TASK INPUT:
++++++++++

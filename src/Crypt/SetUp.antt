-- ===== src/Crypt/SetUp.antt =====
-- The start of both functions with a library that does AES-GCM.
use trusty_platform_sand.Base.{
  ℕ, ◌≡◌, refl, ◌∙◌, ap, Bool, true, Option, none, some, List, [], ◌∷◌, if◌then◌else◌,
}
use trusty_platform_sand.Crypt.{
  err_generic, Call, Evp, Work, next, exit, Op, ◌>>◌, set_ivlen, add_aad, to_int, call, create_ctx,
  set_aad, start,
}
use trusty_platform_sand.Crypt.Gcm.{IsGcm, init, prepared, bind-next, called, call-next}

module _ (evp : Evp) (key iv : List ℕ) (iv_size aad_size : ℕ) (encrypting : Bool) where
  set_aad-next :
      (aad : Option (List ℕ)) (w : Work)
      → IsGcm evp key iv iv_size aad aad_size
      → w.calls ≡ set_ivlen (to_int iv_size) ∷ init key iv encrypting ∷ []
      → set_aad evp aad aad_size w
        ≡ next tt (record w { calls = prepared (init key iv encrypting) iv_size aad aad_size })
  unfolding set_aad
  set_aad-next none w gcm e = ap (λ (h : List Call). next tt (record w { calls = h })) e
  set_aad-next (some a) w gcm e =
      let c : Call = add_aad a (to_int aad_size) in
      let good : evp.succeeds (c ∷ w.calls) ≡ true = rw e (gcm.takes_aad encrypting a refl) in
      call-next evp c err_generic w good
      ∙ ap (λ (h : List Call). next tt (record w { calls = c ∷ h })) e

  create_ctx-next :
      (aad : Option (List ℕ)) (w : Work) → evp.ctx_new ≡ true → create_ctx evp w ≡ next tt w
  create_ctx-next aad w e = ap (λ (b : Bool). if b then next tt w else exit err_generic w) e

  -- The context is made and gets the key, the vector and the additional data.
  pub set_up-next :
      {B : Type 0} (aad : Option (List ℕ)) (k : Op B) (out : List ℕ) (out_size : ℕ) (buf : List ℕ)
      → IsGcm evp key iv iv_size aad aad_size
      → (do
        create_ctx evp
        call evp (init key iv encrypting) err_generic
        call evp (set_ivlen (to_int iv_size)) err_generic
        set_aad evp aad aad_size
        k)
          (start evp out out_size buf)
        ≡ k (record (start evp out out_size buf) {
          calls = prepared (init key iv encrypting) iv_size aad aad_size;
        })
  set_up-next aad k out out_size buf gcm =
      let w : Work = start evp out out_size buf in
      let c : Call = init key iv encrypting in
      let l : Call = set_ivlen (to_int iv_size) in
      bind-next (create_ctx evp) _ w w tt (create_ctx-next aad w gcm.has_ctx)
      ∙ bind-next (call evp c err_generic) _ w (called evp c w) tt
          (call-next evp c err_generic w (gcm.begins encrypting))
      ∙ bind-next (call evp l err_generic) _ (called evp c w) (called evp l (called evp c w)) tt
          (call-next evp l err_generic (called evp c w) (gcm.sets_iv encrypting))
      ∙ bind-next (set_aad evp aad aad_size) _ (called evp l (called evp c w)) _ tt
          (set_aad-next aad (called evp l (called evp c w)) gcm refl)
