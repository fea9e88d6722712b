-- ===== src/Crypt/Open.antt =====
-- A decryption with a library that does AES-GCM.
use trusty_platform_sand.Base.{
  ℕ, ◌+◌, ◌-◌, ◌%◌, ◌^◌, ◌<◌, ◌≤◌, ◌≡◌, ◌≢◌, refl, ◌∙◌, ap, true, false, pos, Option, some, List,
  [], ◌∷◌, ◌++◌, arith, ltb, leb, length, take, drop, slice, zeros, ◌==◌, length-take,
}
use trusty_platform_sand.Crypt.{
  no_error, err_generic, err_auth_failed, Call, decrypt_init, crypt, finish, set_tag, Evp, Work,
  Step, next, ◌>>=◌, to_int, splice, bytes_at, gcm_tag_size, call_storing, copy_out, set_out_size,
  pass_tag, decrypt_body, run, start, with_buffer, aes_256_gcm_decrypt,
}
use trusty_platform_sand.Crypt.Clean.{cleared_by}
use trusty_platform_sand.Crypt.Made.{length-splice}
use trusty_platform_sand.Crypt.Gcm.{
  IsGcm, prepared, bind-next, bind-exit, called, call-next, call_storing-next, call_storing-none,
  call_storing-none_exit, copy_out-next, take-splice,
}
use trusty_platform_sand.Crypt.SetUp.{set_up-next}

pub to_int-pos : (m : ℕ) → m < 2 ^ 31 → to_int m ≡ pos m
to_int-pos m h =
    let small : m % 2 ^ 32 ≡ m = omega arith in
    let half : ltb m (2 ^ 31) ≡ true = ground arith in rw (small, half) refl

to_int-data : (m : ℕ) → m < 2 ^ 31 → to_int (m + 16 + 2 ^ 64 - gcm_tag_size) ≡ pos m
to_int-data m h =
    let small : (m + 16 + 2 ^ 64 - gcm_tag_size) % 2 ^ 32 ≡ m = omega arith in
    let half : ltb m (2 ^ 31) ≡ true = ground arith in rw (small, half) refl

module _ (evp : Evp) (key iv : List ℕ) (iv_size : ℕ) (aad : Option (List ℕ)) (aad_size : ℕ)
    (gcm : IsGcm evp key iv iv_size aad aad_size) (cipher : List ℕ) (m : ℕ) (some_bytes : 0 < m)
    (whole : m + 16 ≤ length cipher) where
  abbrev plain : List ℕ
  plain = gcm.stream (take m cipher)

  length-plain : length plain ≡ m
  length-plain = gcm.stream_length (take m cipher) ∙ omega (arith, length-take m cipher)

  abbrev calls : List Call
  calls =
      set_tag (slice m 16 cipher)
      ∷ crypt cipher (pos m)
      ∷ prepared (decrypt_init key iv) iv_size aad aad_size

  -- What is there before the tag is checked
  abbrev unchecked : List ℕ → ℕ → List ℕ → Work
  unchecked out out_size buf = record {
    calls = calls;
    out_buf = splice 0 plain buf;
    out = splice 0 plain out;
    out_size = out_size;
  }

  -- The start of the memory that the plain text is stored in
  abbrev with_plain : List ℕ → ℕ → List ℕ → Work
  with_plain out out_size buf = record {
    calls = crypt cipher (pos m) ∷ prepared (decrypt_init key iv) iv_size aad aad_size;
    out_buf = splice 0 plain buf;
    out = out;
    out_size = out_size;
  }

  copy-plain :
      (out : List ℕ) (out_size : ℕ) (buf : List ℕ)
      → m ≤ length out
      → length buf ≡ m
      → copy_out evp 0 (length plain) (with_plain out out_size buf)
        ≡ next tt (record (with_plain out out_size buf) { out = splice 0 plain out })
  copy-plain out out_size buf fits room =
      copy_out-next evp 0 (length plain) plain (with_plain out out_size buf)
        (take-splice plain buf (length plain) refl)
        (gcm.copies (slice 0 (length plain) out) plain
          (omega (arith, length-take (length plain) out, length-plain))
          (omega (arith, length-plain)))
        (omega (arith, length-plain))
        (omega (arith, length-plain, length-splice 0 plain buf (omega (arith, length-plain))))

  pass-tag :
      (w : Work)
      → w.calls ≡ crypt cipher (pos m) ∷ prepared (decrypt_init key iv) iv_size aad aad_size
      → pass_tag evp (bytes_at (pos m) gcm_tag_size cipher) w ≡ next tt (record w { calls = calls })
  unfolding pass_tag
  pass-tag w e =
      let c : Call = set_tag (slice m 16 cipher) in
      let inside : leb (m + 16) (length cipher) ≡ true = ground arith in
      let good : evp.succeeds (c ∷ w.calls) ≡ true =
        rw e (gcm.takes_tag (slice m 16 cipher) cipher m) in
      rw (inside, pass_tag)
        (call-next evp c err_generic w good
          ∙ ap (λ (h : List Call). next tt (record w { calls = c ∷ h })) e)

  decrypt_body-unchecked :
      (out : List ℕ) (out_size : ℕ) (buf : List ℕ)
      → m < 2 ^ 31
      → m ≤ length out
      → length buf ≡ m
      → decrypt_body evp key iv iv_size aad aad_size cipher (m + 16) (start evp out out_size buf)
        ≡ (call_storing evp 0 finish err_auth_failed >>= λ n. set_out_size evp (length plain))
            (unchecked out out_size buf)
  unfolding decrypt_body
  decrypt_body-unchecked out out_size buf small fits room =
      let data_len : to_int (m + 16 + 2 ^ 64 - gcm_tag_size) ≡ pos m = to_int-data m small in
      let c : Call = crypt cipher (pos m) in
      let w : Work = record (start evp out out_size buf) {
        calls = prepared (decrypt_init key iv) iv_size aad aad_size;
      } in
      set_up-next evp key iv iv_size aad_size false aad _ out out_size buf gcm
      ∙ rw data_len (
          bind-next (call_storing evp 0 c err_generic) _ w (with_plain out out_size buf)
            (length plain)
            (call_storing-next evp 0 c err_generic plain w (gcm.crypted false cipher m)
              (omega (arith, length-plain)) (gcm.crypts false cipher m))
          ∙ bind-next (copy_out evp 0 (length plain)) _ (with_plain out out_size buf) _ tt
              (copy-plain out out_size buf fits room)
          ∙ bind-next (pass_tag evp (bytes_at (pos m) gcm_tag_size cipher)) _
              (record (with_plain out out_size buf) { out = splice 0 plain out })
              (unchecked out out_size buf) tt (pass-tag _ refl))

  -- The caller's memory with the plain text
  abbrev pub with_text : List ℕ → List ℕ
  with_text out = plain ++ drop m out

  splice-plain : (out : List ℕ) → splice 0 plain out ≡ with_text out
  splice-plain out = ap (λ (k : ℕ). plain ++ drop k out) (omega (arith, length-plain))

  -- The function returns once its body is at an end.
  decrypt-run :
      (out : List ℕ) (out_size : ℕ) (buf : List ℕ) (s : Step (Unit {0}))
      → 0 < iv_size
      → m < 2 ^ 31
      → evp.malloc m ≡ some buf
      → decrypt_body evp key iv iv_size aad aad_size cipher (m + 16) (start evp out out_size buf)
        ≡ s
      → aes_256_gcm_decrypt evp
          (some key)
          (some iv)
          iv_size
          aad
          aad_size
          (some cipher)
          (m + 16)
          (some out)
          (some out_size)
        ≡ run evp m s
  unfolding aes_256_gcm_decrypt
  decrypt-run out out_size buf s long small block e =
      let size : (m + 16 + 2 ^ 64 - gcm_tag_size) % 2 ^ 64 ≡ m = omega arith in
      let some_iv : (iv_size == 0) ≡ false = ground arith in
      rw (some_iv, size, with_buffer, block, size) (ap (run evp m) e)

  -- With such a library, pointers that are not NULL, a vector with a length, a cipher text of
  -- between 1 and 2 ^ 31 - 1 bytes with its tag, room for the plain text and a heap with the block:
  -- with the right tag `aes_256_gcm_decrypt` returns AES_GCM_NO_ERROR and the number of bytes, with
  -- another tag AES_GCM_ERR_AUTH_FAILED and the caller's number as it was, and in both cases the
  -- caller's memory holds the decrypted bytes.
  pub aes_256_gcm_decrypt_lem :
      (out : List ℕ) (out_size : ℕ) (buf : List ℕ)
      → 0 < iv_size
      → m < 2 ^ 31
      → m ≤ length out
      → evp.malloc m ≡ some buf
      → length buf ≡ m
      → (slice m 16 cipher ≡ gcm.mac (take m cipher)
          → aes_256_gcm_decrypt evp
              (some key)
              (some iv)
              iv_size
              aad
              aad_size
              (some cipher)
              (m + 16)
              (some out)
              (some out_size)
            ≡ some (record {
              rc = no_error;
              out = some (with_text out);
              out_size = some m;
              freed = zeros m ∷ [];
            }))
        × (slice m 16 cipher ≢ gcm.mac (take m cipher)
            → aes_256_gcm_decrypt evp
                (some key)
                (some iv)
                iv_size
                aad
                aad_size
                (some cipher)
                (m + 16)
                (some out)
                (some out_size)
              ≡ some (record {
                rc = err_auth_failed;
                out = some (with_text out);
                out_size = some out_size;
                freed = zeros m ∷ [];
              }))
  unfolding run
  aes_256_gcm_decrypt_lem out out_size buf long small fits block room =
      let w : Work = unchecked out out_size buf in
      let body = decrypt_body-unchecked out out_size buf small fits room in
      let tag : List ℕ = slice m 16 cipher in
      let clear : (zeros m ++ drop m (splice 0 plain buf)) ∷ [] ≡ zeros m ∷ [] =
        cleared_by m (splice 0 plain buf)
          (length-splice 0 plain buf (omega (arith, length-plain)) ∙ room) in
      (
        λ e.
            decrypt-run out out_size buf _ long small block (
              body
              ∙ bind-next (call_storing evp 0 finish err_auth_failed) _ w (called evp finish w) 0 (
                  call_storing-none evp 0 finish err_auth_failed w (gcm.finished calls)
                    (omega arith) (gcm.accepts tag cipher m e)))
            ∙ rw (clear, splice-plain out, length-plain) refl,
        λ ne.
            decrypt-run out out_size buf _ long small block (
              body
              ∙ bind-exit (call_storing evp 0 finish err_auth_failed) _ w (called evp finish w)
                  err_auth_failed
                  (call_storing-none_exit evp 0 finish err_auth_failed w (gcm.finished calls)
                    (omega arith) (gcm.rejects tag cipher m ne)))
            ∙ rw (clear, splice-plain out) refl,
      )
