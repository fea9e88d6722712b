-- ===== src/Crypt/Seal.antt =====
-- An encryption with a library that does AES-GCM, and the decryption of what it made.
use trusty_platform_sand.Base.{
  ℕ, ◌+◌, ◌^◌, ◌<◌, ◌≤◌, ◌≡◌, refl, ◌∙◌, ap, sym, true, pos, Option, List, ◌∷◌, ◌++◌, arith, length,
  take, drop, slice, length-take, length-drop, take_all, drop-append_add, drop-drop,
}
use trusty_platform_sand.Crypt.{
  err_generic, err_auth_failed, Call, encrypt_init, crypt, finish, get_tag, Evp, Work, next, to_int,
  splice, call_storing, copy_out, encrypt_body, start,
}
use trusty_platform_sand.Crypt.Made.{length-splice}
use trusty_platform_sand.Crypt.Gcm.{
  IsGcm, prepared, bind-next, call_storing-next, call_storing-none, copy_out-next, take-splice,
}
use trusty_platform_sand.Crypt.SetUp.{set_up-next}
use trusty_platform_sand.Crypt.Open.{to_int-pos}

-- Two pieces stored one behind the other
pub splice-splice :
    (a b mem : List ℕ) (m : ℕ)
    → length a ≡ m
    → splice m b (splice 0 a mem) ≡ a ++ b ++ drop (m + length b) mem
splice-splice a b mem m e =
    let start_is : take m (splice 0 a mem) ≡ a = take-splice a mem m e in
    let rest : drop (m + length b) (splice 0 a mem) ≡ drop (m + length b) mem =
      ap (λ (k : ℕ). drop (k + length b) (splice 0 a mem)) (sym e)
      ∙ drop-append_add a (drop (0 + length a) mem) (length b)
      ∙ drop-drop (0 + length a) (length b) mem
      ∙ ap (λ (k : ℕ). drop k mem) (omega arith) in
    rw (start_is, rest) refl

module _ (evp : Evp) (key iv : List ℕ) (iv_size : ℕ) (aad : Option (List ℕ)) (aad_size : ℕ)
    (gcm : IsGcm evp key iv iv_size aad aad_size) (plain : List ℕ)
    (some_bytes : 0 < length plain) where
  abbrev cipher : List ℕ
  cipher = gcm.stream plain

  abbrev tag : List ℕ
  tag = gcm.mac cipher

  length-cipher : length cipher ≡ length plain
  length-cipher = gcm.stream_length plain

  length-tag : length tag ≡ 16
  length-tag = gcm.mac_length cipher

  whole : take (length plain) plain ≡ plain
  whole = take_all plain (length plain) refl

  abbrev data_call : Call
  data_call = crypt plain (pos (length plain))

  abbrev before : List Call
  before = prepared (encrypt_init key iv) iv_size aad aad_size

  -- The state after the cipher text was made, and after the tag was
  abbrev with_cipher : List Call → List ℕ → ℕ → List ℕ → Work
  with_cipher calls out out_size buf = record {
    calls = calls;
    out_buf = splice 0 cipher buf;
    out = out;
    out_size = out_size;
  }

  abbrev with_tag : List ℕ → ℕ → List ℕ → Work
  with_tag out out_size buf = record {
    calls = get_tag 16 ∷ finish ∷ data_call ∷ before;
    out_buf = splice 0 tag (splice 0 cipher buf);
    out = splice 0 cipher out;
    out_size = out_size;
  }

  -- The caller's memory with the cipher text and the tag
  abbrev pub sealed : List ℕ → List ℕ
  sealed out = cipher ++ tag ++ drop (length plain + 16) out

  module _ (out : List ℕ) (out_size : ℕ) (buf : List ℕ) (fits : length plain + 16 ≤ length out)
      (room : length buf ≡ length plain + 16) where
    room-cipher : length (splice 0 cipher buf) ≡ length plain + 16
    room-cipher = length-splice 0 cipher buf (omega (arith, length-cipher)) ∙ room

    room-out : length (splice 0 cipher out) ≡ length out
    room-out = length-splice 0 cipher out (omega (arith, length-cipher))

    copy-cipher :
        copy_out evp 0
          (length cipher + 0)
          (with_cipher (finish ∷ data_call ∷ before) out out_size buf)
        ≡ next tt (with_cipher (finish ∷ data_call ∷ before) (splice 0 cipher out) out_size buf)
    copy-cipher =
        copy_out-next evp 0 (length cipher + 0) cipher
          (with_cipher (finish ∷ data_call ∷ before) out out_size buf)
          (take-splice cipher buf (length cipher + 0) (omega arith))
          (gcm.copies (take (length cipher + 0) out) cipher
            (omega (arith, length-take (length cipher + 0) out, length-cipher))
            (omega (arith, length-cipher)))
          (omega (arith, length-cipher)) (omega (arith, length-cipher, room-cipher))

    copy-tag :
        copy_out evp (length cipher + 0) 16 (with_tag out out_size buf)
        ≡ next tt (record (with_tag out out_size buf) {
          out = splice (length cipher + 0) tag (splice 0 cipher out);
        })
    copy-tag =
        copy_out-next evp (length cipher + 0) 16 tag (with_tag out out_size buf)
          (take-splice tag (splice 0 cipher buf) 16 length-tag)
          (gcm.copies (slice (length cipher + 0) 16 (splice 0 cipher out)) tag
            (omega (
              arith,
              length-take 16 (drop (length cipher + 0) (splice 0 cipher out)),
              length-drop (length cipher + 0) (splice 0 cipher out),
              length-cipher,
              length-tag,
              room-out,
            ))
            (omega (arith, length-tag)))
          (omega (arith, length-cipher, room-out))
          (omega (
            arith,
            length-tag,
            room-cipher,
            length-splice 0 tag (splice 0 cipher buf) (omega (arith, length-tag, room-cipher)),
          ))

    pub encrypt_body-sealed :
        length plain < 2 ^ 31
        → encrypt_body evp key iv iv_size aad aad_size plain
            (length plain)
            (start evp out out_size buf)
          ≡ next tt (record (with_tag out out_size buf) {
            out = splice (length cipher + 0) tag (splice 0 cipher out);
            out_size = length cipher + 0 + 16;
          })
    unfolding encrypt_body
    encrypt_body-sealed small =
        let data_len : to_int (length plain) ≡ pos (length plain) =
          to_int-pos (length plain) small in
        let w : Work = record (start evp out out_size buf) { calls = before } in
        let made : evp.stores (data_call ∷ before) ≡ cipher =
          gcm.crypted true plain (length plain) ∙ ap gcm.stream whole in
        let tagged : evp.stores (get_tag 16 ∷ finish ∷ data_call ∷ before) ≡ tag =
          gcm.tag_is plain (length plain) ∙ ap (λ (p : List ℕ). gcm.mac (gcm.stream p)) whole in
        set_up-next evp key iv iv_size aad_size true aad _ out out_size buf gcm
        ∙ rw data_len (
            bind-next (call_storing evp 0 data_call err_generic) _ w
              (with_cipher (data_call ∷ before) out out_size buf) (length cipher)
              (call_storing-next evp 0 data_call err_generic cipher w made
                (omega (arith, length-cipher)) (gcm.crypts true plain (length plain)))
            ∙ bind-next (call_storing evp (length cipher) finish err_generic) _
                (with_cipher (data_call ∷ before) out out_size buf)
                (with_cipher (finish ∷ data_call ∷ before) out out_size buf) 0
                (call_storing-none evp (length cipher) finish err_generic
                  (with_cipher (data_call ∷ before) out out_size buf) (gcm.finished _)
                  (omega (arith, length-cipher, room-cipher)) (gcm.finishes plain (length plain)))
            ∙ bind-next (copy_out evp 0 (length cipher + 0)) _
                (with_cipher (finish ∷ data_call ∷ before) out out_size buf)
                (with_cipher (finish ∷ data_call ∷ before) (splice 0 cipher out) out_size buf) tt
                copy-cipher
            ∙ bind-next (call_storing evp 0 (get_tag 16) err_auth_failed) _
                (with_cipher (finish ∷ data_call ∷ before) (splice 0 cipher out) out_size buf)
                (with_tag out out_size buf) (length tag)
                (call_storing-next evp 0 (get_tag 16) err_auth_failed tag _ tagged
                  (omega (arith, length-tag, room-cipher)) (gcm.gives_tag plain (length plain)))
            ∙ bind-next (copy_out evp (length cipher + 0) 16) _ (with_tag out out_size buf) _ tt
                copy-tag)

++++++++++

WHAT THE TASK ASKS: Lines from the one containing "(with_tag out out_size buf) _ tt" through the end of the data above must be written out exactly, and no other lines are needed.

RESULT:
            ∙ bind-next (copy_out evp (length cipher + 0) 16) _ (with_tag out out_size buf) _ tt
                copy-tag)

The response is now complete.